Mountain view at Eskay Creek, British Columbia.
The share price of Vancouver-headquartered Skeena Resources advanced 14% on Thursday, after the company outlined the potential of its Eskay Creek gold/silver project in a preliminary economic assessment (PEA).
Located in the Golden Triangle of British Columbia, Eskay Creek is a past-producing mine that operated as an underground mine until 2008. The PEA outlines a plan for the mine to reopen as an openpit site, producing an average of 306 000 gold-equivalent ounces (GEO) a year, with a diluted mill feed grade of 4.17 g/t GEO.
The GEO production will comprise 236 000 oz/y of gold and 5.81-million ounces a year of silver. The all-in sustaining cost is forecast at C$983/GEO.
The processing capacity of 6 850 t/d will result in a production lifespan of 8.6 years.
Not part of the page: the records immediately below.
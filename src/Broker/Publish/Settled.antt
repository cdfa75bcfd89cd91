-- ===== src/Broker/Publish/Settled.antt =====
-- shared/pkg/broker/rabbitmq.go: the confirmations that are outstanding between the operations.
use mathlib.Core.Path.{subst}
use price_scount.Base.{
  ℕ, ◌≤◌, ◌≡◌, sym, inl, inr, String, Bool, true, false, ◌||◌, Option, none, some, arith,
  Bool-cases, Option-cases, ==_refl,
}
use price_scount.Broker.{
  published, limited, Connection, note, io_deadline, clear_deadline, retire_publisher, close,
  closing,
}
use price_scount.Broker.Publisher.Frame.{pending}
use price_scount.Broker.Publish.{
  Wait, confirm, confirms_closed, context_done, then_returned, then_returns_closed, taken,
  is_cancelled, Attempt, conclude, send_on, publish_on,
}
use price_scount.Broker.Publish.Attempts.{publish_on-cases}

-- Where a publisher channel is held, the connection is open, the program listens to the streams of
-- that channel, and no confirmation of an earlier message can still arrive on it.
abbrev pub IsSettled : Connection → Type 0
IsSettled c =
    (k : ℕ)
    → c.publish_ch ≡ some k
    → (c.closed ≡ false) × (c.confirms ≡ some k) × (c.returns ≡ some k) × (pending k c.trace ≡ 0)

-- While a message is on its way on channel `k`, one confirmation may be outstanding.
abbrev Sending : ℕ → Connection → Type 0
Sending k c =
    (j : ℕ)
    → c.publish_ch ≡ some j
    → (j ≡ k)
      × (c.closed ≡ false)
      × (c.confirms ≡ some j)
      × (c.returns ≡ some j)
      × (pending k c.trace ≤ 1)

pub idle-IsSettled : (c : Connection) → c.publish_ch ≡ none → IsSettled c
idle-IsSettled c h k e = absurd (ground (arith, h, e))

pub close-IsSettled : (c : Connection) → IsSettled c → IsSettled (close c)
unfolding close
close-IsSettled c h k e = ground (arith, e, h k)

closing-IsSettled : (b : Bool) (c : Connection) → IsSettled c → IsSettled (closing b c)
closing-IsSettled true c h = close-IsSettled c h
closing-IsSettled false c h = h

-- Close leaves no other channel than the one that was held.
close-same :
    (k : ℕ) (c : Connection)
    → c.publish_ch ≡ some k
    → (j : ℕ) → (close c).publish_ch ≡ some j
    → j ≡ k
unfolding close
close-same k c h j e = ground (arith, h, e)

closing-same :
    (b : Bool) (k : ℕ) (c : Connection)
    → c.publish_ch ≡ some k
    → (j : ℕ) → (closing b c).publish_ch ≡ some j
    → j ≡ k
closing-same true k c h j e = close-same k c h j e
closing-same false k c h j e = ground (arith, h, e)

retire-IsSettled :
    (k : ℕ) (c : Connection)
    → ((j : ℕ) → c.publish_ch ≡ some j → j ≡ k)
    → IsSettled (retire_publisher k c)
retire-IsSettled k c h = elim (Option-cases c.publish_ch) [
  | inl gone ↦
      idle-IsSettled (retire_publisher k c) (unfold retire_publisher in ground (arith, gone))
  | inr (j, held) ↦
      idle-IsSettled (retire_publisher k c)
        (unfold retire_publisher in ground (arith, held, h j held, ==_refl k))
]

close-Sending : (k : ℕ) (c : Connection) → Sending k c → Sending k (close c)
unfolding close
close-Sending k c h j e = ground (arith, e, h j)

closing-Sending : (b : Bool) (k : ℕ) (c : Connection) → Sending k c → Sending k (closing b c)
closing-Sending true k c h = close-Sending k c h
closing-Sending false k c h = h

clear-Sending :
    (s : Option ℕ) (k : ℕ) (c : Connection) → Sending k c → Sending k (clear_deadline s c)
clear-Sending none k c h = h
clear-Sending (some s) k c h = h

-- The wait takes the confirmation, or ends with the context.
taken-Sending :
    (k : ℕ) (w : Wait) (c : Connection)
    → Sending k c
    → Sending k (taken k w c) × (is_cancelled w ≡ false → IsSettled (taken k w c))
taken-Sending k (confirm a r) c h =
    (λ j e. ground (arith, e, h j, ==_refl k), λ n j e. ground (arith, e, h j, ==_refl k))
taken-Sending k confirms_closed c h =
    (λ j e. ground (arith, e, h j, ==_refl k), λ n j e. ground (arith, e, h j, ==_refl k))
taken-Sending k context_done c h = (h, λ n. absurd (ground (arith, n)))
taken-Sending k (then_returned t w) c h = taken-Sending k w c h
taken-Sending k (then_returns_closed w) c h = taken-Sending k w c h

conclude-IsSettled :
    (a : Attempt) (k : ℕ) (c : Connection) → Sending k c → IsSettled (conclude a k c).1
conclude-IsSettled a k c h =
    let cleared : Connection = clear_deadline c.pub_net_conn c in
    let before : Connection = closing a.closes_late cleared in
    let on_its_way : Sending k before =
      closing-Sending a.closes_late k cleared (clear-Sending c.pub_net_conn k c h) in
    let waited : Connection = taken k a.wait before in
    elim (Bool-cases (is_cancelled a.wait || a.expired)) [
      | inl over ↦
          let step : (conclude a k c).1 ≡ retire_publisher k waited =
            unfold conclude in ground (arith, over) in
          subst IsSettled (sym step) (
            retire-IsSettled k waited (λ j e. ((taken-Sending k a.wait before on_its_way).0 j e).0))
      | inr kept ↦
          let step : (conclude a k c).1 ≡ waited = unfold conclude in ground (arith, kept) in
          subst IsSettled (sym step)
            ((taken-Sending k a.wait before on_its_way).1 (ground (arith, kept)))
    ]

module _ (queue : String) (body : String) where
  sent-Sending :
      (k s t : ℕ) (c : Connection)
      → IsSettled c
      → ((j : ℕ) → c.publish_ch ≡ some j → j ≡ k)
      → Sending k (note (published k queue body) (note (limited s t) c))
  sent-Sending k s t c h same j e = ground (arith, e, h j, same j, ==_refl k)

  send_on-IsSettled :
      (a : Attempt) (k : ℕ) (c : Connection)
      → IsSettled c
      → ((j : ℕ) → c.publish_ch ≡ some j → j ≡ k)
      → IsSettled (send_on queue body a k c).1
  send_on-IsSettled a k c h same = elim (Option-cases c.pub_net_conn) [
    | inl gone ↦
        let step : (send_on queue body a k c).1 ≡ retire_publisher k c =
          unfold send_on in ground (arith, gone) in
        subst IsSettled (sym step) (retire-IsSettled k c same)
    | inr (s, held) ↦
        let set : Connection = note (limited s (io_deadline a.now a.limit)) c in
        let sent : Connection = note (published k queue body) set in
        elim (Bool-cases a.is_set) [
          | inr e ↦
              let step : (send_on queue body a k c).1 ≡ retire_publisher k c =
                unfold send_on in ground (arith, held, e) in
              subst IsSettled (sym step) (retire-IsSettled k c same)
          | inl e ↦ elim (Bool-cases a.accepted) [
            | inr f ↦
                let step : (send_on queue body a k c).1 ≡ retire_publisher k set =
                  unfold send_on in ground (arith, held, e, f) in
                subst IsSettled (sym step) (retire-IsSettled k set same)
            | inl f ↦
                let step : (send_on queue body a k c).1 ≡ (conclude a k sent).1 =
                  unfold send_on in ground (arith, held, e, f) in
                subst IsSettled (sym step) (
                  conclude-IsSettled a k sent
                    (sent-Sending k s (io_deadline a.now a.limit) c h same))
          ]
        ]
  ]

  pub publish_on-IsSettled :
      (a : Attempt) (c : Connection) → IsSettled c → IsSettled (publish_on queue body a c).1
  publish_on-IsSettled a c h = elim (publish_on-cases queue body a c) [
    | inl (e, step) ↦
        let same : (publish_on queue body a c).1 ≡ c = ground (arith, step) in
        subst IsSettled (sym same) h
    | inr (k, held, step) ↦
        let before : Connection = closing a.closes_early c in
        let next : (publish_on queue body a c).1 ≡ (send_on queue body a k before).1 =
          ground (arith, step) in
        subst IsSettled (sym next) (
          send_on-IsSettled a k before (closing-IsSettled a.closes_early c h)
            (closing-same a.closes_early k c held))
  ]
“The PEA demonstrates that Eskay Creek still has a bright future ahead, revitalised as an openpit gold and silver mine, with the additional possibility for underground mining,” commented CEO Water Coles.
The PEA is derived from the pit-constrained resource estimate and does not include results from the recently initiated and ongoing 2019 Phase I infill drilling programme.
The pit-constrained resource has a total indicated resource of 12.65-million tonnes at a grade of 5.8 g/t GEO, 4.3 g/t gold and 110 g/t silver, for 2.34-million GEOs, or 1.74-million ounces of gold and 44.66-million ounces of silver.
As a brownfield site, Eskay Creek has extensive infrastructure and by creating a gold concentrate, rather than dore, initial capital costs were kept at C$303-million. This, Coles said, was very low relative to the volumes of precious metals that the mine would produce.
The PEA calculated an after-tax net-present value at a 5% discount of C$638-million and an internal rate of return of 51% at $1 325/oz gold and $16/oz silver.
The payback period is 12 years.
Skeena Resources traded at C$0.64 a share on the TSX-V on Thursday afternoon.